/Stride

Python Doctors

Primary LanguagePython

Stride

Python Doctors - Question

Inputs:

doctors.txt -- a text file containing doctor 5000 records, each record is in a json formatted object. Each line contains a single doctor object.

driver.py -- a python file that is the main application driver

model.py -- a class file representing a Provider object, also enabled with a sqlalchemy ORM to allow for easy integration with a postgres rdbms.

app_config.ini -- a configuration file that is used by model.py for database configuration

zip_geo.csv -- a csv file containing zipcodes and their respective latitude and longitude (for use in bonus question only)

Challenge objective: Load and parse a file containing doctor records, and load them into the database:

Read the doctors.txt file in using python and load each record into a dictionary object (hint: look at the json.loads library).

For each record, parse the name attribute into separate variables for firstname, lastname, and credentials (hint: use the re module). Extra credit for identifying a record is a duplicate based on the name and address data.

After parsing each record, create an object instance for each provider

Enable database storage using Postgresql for the provider objects. Most of this code exists in what is provided, you simply need to connect a running database to it.

Extend the driver.py to accept a query option which runs a query against the database to select the distinct number of doctors in each zipcode. Write the result records to a csv file.
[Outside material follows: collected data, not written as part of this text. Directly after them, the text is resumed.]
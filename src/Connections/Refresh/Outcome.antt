-- ===== src/Connections/Refresh/Outcome.antt =====
-- What refreshOnce of server/internal/connections/refreshlock.go can come to.
use beecon.Base.{
  ℕ, ◌≡◌, refl, String, Bool, true, some, List, ◌∷◌, arith, str_eq, if◌then◌else◌, ◌⊎◌, inl, inr,
  Option-cases, ap, sym, ◌∙◌,
}
use beecon.Base.Keyed
use beecon.Base.Effects.{Result, ok, err, pure}
use beecon.Base.Effects.Ends.{
  Post, Ends, Ends-pure, Ends-fail, Ends-or_fail, Ends-if, Ends-call, Ends-query, Ends-update,
  Ends-bind, Ends-read, Ends-lift, Ends-ask, Ends-attempt, Ends-ask_last,
}
use beecon.Connections.Types.{
  status_eq_lem, Connection, active, expired, status_eq, mark_expired, refresh_tokens,
}
use beecon.Connections.Memory.{
  Repository, connection_key, find_by_id, update_connection, transition_status, in_org,
}
use beecon.Connections.Ports.{
  Facade, Outside, World, Grant, granted, refresh_denied, transient, RefreshGrantRequest,
  TokenExchangeResult, ExpiredReason, ExpiredEvent,
}
use beecon.Connections.Refresh.{
  record_exchange, emit_expired, event_of, expire_connection, persist_connection, refresh_grant,
  rotated_refresh_token, store_refreshed, after_grant, refresh_connection, RefreshParams,
  refresh_active, refresh_once, due_for_refresh,
}

-- Neither the repository nor the events sent have changed.
pub record Untouched (before after : Outside) : Type 0 where
  pub same_repo : after.repo ≡ before.repo
  pub same_events : after.expired_events ≡ before.expired_events

-- The provider has refused to renew the connection's tokens, and the row is EXPIRED now.
pub record Lapsed (f : Facade) (before after : Outside) (c : Connection) : Type 0 where
  pub call_number : ℕ
  pub request : RefreshGrantRequest
  pub code : String
  pub refused : f.refresh_grant call_number request ≡ refresh_denied code
  pub repo : after.repo ≡ (transition_status c.org_id c.id active expired before.repo).1

-- An event for a connection that the call found ACTIVE, if a sink is wired.
abbrev pub events_after : Facade → Connection → ExpiredReason → Outside → List ExpiredEvent
events_after f c reason before =
    if f.has_events
    then event_of (mark_expired c) reason ∷ before.expired_events
    else before.expired_events

-- What the connection `c` of the row became, and what was returned of it.
pub data Outcome (f : Facade) (reason : ExpiredReason) (before : Outside) (c returned : Connection)
    (after : Outside) : Type 0 where
  kept : returned ≡ c → Untouched before after → Outcome f reason before c returned after
  renewed :
      (access refresh : String) (until : ℕ)
      → c.status ≡ active
      → returned ≡ refresh_tokens access refresh until c
      → after.repo ≡ update_connection (refresh_tokens access refresh until c) before.repo
      → after.expired_events ≡ before.expired_events
      → Outcome f reason before c returned after
  lapsed :
      c.status ≡ active
      → returned ≡ mark_expired c
      → Lapsed f before after c
      → after.expired_events ≡ events_after f c reason before
      → Outcome f reason before c returned after

-- A failure leaves everything as it was, but for one: the row expired, and the sink of the event failed.
pub data Failure (f : Facade) (before : Outside) (c : Connection) (after : Outside) : Type 0 where
  untouched : Untouched before after → Failure f before c after
  event_lost :
      f.has_events ≡ true
      → Lapsed f before after c
      → after.expired_events ≡ before.expired_events
      → Failure f before c after

module _ (f : Facade) (before : Outside) where
  -- A row that was found is found again by its own keys.
  found_again :
      (org id : ℕ) (c : Connection) (r : Repository)
      → find_by_id org id r ≡ some c
      → in_org c.org_id (Keyed.find connection_key c.id r.connections) ≡ some c
  unfolding find_by_id
  found_again org id c r e = elim (Option-cases (Keyed.find connection_key id r.connections)) [
    | inl n ↦ absurd (ground (arith, n))
    | inr (d, n) ↦
        let key = Keyed.find-key connection_key id r.connections d n in ground (arith, n, key)
  ]

  record_exchange-Ends :
      {R : Outside → Type 0} (c : Connection) (status : ℕ)
      → Ends (Untouched before) (λ _. Untouched before) R (record_exchange f c status)
  unfolding record_exchange
  record_exchange-Ends c status =
      Ends-if f.has_recorder _ _
        (λ _.
          Ends-bind _ _
            (Ends-read f.now _ λ n. Ends-attempt _ (
              Ends-update f.fault _
                (λ d h. record { same_repo = h.same_repo; same_events = h.same_events })
                (λ d h. h)))
            λ _. Ends-pure tt (λ d h. h))
        (λ _. Ends-pure tt (λ d h. h))

  same_lapse :
      {c : Connection} (o after : Outside)
      → after.repo ≡ o.repo
      → Lapsed f before o c
      → Lapsed f before after c
  same_lapse o after e h = record {
    call_number = h.call_number;
    request = h.request;
    code = h.code;
    refused = h.refused;
    repo = e ∙ h.repo;
  }

  module _ (reason : ExpiredReason) (org id : ℕ) (c : Connection)
      (found : find_by_id org id before.repo ≡ some c) (live : c.status ≡ active) where
    transition_lem : (transition_status c.org_id c.id active expired before.repo).0 ≡ true
    unfolding transition_status status_eq
    transition_lem = ground (arith, found_again org id c before.repo found)

    expire_connection-Ends :
        (n : ℕ) (request : RefreshGrantRequest) (code : String)
        → f.refresh_grant n request ≡ refresh_denied code
        → Ends
            (Untouched before)
            (Outcome f reason before c)
            (Failure f before c)
            (expire_connection f c reason)
    unfolding expire_connection emit_expired
    expire_connection-Ends n request code refused =
        Ends-bind {M = Flipped} _ _
          (Ends-call f.fault _
            (λ d h. (
              ap (λ r. (transition_status c.org_id c.id active expired r).0) h.same_repo
                  ∙ transition_lem,
              record {
                call_number = n;
                request = request;
                code = code;
                refused = refused;
                repo = ap (λ r. (transition_status c.org_id c.id active expired r).1) h.same_repo;
              },
              h.same_events,
            ))
            (λ d h. untouched h))
          λ flipped.
            Ends-bind {M = λ _. Sent} _ _
              (Ends-if flipped _ _ (λ yes. sends flipped)
                (λ no. Ends-pure tt (λ d h. absurd (ground arith))))
              λ _. Ends-pure (mark_expired c) (λ d h. lapsed live refl h.0 h.1)
      where
        Flipped : Bool → Outside → Type 0
        Flipped flipped o =
            (flipped ≡ true) × Lapsed f before o c × (o.expired_events ≡ before.expired_events)

        Sent : Outside → Type 0
        Sent o = Lapsed f before o c × (o.expired_events ≡ events_after f c reason before)

        sends :
            (flipped : Bool)
            → Ends
                (Flipped flipped)
                (λ _. Sent)
                (Failure f before c)
                (emit_expired f (mark_expired c) reason)
        sends flipped =
            Ends-if f.has_events _ _
              (λ wired.
                Ends-update f.fault _
                  (λ d h. (
                    same_lapse d _ refl h.1,
                    rw wired (ap (λ es. event_of (mark_expired c) reason ∷ es) h.2),
                  ))
                  (λ d h. event_lost wired h.1 h.2))
              (λ nil. Ends-pure tt (λ d h. (h.1, rw nil h.2)))

    store_refreshed-Ends :
        (result : TokenExchangeResult)
        → Ends
            (Untouched before)
            (Outcome f reason before c)
            (Failure f before c)
            (store_refreshed f c result)
    unfolding store_refreshed rotated_refresh_token persist_connection
    store_refreshed-Ends result =
        Ends-ask _ _ (λ d h. untouched h)
          λ access. Ends-bind {M = λ _. Untouched before} _ _ rotates λ refresh.
            Ends-read f.now _ λ n.
              Ends-bind
                {M = λ _ o.
                  (o.repo ≡ update_connection (refresh_tokens access refresh _ c) before.repo)
                  × (o.expired_events ≡ before.expired_events)}
                _ _
                (Ends-update f.fault _
                  (λ d h. (ap (update_connection _) h.same_repo, h.same_events))
                  (λ d h. untouched h))
                λ _. Ends-pure _ (λ d h. renewed access refresh _ live refl h.0 h.1)
      where
        rotates :
            Ends
              (Untouched before)
              (λ _. Untouched before)
              (Failure f before c)
              (rotated_refresh_token f c result.refresh_token)
        rotates =
            Ends-if (str_eq result.refresh_token "") _ _ (λ _. Ends-pure _ (λ d h. h))
              (λ _. Ends-ask_last _ (λ d h. untouched h))

    after_grant-Ends :
        (n : ℕ) (request : RefreshGrantRequest) (grant : Grant)
        → f.refresh_grant n request ≡ grant
        → Ends
            (Untouched before)
            (Outcome f reason before c)
            (Failure f before c)
            (after_grant f c reason grant)
    unfolding after_grant
    after_grant-Ends n request (granted result) e = store_refreshed-Ends result
    after_grant-Ends n request (refresh_denied code) e = expire_connection-Ends n request code e
    after_grant-Ends n request (transient x) e = Ends-fail _ (λ d h. untouched h)

    refresh_connection-Ends :
        Ends
          (Untouched before)
          (Outcome f reason before c)
          (Failure f before c)
          (refresh_connection f c reason)
    unfolding refresh_connection refresh_grant
    refresh_connection-Ends =
        Ends-ask _ _ (λ d h. untouched h)
          λ integration.
            Ends-ask _ _ (λ d h. untouched h)
              λ definition.
                Ends-lift _ _ (λ d h. untouched h)
                  λ token _. Ends-read f.now _ λ started.
                    Ends-bind
                      {M = λ grant o.
                        Untouched before o
                        × (n : ℕ) × (request : RefreshGrantRequest) × (f.refresh_grant n request
                            ≡ grant)}
                      _ _ (asks _)
                      λ grant. record {
                        at = λ w h.
                            (Ends-bind {M = λ _. Untouched before} _ _ (record_exchange-Ends c _)
                                λ _. after_grant-Ends h.1 h.2 grant h.3).at
                              w h.0;
                      }
      where
        asks :
            (request : RefreshGrantRequest)
            → Ends
                (Untouched before)
                (λ grant o.
                  Untouched before o
                  × (n : ℕ) × (request : RefreshGrantRequest) × (f.refresh_grant n request ≡ grant))
                (Failure f before c)
                (refresh_grant f c request)
        asks request = record {
          at = λ w h. (
            record { same_repo = h.same_repo; same_events = h.same_events },
            w.tick,
            request,
            refl,
          );
        }

    refresh_active-Ends :
        (params : RefreshParams)
        → params.denied_reason ≡ reason
        → Ends
            (Untouched before)
            (Outcome f reason before c)
            (Failure f before c)
            (refresh_active f params c)
    unfolding refresh_active
    refresh_active-Ends params e =
        Ends-if params.force _ _ (λ _. rw e refresh_connection-Ends)
          (λ _. Ends-read f.now _ λ n.
            Ends-if (due_for_refresh c (f.now n) params.lead) _ _
              (λ _. rw e refresh_connection-Ends) (λ _. Ends-pure c (λ d h. kept refl h)))

-- What a refresh of the connection `id` of an organization does. If it returns a connection, a row was
-- found, and either nothing changed and the row was returned; or the row was ACTIVE and its tokens were
-- renewed and stored; or the row was ACTIVE, the provider explicitly denied the grant, the row was set to
-- EXPIRED, and one event was sent, if a sink is wired. If it fails, neither the repository nor the
-- events changed, unless the provider denied the grant and the sink then failed to take the event.
pub refresh_once-Outcome :
    (f : Facade) (org id : ℕ) (params : RefreshParams) (w : World)
    → Post
        (λ returned after.
          (c : Connection) × (find_by_id org id w.store.repo ≡ some c)
          × Outcome f params.denied_reason w.store c returned after)
        (λ after.
          Untouched w.store after
          ⊎ ((c : Connection) × (find_by_id org id w.store.repo ≡ some c)
              × Failure f w.store c after))
        (refresh_once f org id params w).0
        (refresh_once f org id params w).1.store
unfolding refresh_once
refresh_once-Outcome f org id params w =
    (Ends-bind {M = λ stored o. (stored ≡ find_by_id org id before.repo) × Untouched before o} _ _
        (Ends-query f.fault _ (λ d h. (ap (find_by_id org id) h.same_repo, h)) (λ d h. inl h))
        λ stored.
          Ends-bind {M = λ c o. (find_by_id org id before.repo ≡ some c) × Untouched before o} _ _
            (Ends-or_fail _ stored (λ c d e h. (sym h.0 ∙ e, h.1)) (λ d h. inl h.1))
            λ c. record { at = λ v h. widen c h.0 _ _ ((once c h.0).at v h.1) }).at
      w (record { same_repo = refl; same_events = refl })
  where
    before : Outside
    before = w.store

    once :
        (c : Connection)
        → find_by_id org id before.repo ≡ some c
        → Ends
            (Untouched before)
            (Outcome f params.denied_reason before c)
            (Failure f before c)
            (if status_eq c.status active then refresh_active f params c else pure c)
    once c e =
        Ends-if (status_eq c.status active) _ _
          (λ live.
            refresh_active-Ends f before params.denied_reason org id c e (status_eq_lem _ _ live)
              params refl)
          (λ _. Ends-pure c (λ d h. kept refl h))

    widen :
        (c : Connection)
        → find_by_id org id before.repo ≡ some c
        → (r : Result Connection) (after : Outside)
        → Post (Outcome f params.denied_reason before c) (Failure f before c) r after
        → Post
            (λ returned after.
              (c : Connection) × (find_by_id org id before.repo ≡ some c)
              × Outcome f params.denied_reason before c returned after)
            (λ after.
              Untouched before after
              ⊎ ((c : Connection) × (find_by_id org id before.repo ≡ some c)
                  × Failure f before c after))
            r
            after
    widen c e (ok returned) after h = (c, e, h)
    widen c e (err x) after h = inr (c, e, h)
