-- ===== src/Vcd/Validators.antt =====
-- vcd/validate_funcs.go: the validators of the schema. A value is an `interface{}` of a few types; the
-- result is how many warnings and errors a validator gives.
use terraform_provider_viett.Prelude.{
  suc, ◌%◌, String, Bool, true, false, Option, none, some, List, [], ◌∷◌, ◌++◌, ◌==◌, ◌||◌, ◌&&◌,
  not, num_eq, leb, ltb, if◌then◌else◌,
}
use terraform_provider_viett.Go.{ℤ, pos, negsuc}

pub data Value : Type 0 where
  text : String → Value
  int : ℤ → Value
  bool : Bool → Value

pub data Verdict : Type 0 where
  valid : Verdict
  wrong_type : Verdict
  invalid : Verdict

pub data TypeOfVm : Type 0 where
  standalone_vm vapp_vm : TypeOfVm

-- vmNetworkTypeValidator: the list that is allowed
unfoldable pub vm_network_types : TypeOfVm → List String
vm_network_types standalone_vm = "org" ∷ "none" ∷ []
vm_network_types vapp_vm = ("org" ∷ "none" ∷ []) ++ ("vapp" ∷ [])

-- checkEmptyOrSingleIP; `is_ip` is whether net.ParseIP gives an address
unfoldable pub check_empty_or_single_ip : (String → Bool) → Value → Verdict
check_empty_or_single_ip is_ip (text v) = if not (is_ip v) && not (v == "") then invalid else valid
check_empty_or_single_ip is_ip (int _) = wrong_type
check_empty_or_single_ip is_ip (bool _) = wrong_type

-- the two cases that validateCase knows; it panics for any other
pub data Case : Type 0 where
  upper lower : Case

-- validateCase, with strings.ToUpper and strings.ToLower
unfoldable pub validate_case : (String → String) → (String → String) → Case → Value → Verdict
validate_case to_upper to_lower upper (text v) = if to_upper v == v then valid else invalid
validate_case to_upper to_lower lower (text v) = if to_lower v == v then valid else invalid
validate_case to_upper to_lower _ (int _) = wrong_type
validate_case to_upper to_lower _ (bool _) = wrong_type

-- value%4 in Go, as a test for 0: the sign does not matter
unfoldable pub is_multiple_of_4 : ℤ → Bool
is_multiple_of_4 (pos n) = num_eq (n % 4) 0
is_multiple_of_4 (negsuc n) = num_eq (suc n % 4) 0

-- validateMultipleOf4
unfoldable pub validate_multiple_of_4 : Value → Verdict
unfolding is_multiple_of_4
validate_multiple_of_4 (int v) = if is_multiple_of_4 v then valid else invalid
validate_multiple_of_4 (text _) = wrong_type
validate_multiple_of_4 (bool _) = wrong_type

unfoldable pub is_lease : ℤ → Bool
is_lease (pos n) = num_eq n 0 || leb 3600 n
is_lease (negsuc n) = false

-- validateIntLeaseSeconds
unfoldable pub validate_int_lease_seconds : Value → Verdict
unfolding is_lease
validate_int_lease_seconds (int v) = if is_lease v then valid else invalid
validate_int_lease_seconds (text _) = wrong_type
validate_int_lease_seconds (bool _) = wrong_type

unfoldable pub int_lt : ℤ → ℤ → Bool
int_lt (pos a) (pos b) = ltb a b
int_lt (pos a) (negsuc b) = false
int_lt (negsuc a) (pos b) = true
int_lt (negsuc a) (negsuc b) = ltb b a

-- IsIntAndAtLeast at a string; `atoi` is strconv.Atoi
unfoldable pub is_int_and_at_least : (String → Option ℤ) → ℤ → String → Verdict
unfolding int_lt
is_int_and_at_least atoi min v = elim (atoi v) [
  | none ↦ wrong_type
  | some value ↦ if int_lt value min then invalid else valid
]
Bonus: Extend your code to use geo coordinates. For each doctor record, append a latitude and longitude value using the zip_geo.csv file to each doctor’s record. Extend your data model to support the POINT data type which allows for distance based queries. Create a query that counts the number of doctors within an X-mile readius of the inputted zipcode, where X is a integer value.

Code dependencies:

pip -- python package manager (is preinstalled on most machines). It’s similar to homebrew or apt, only specific to python.

psycopg2 -- module for the postgres database driver. You can install with pip.

sqlalchemy -- module for database ORM. You can install with pip.

Postgres -- database system.

argparse (in driver.py) and ConfigParser (in models.py) are modules which may need to be installed using pip.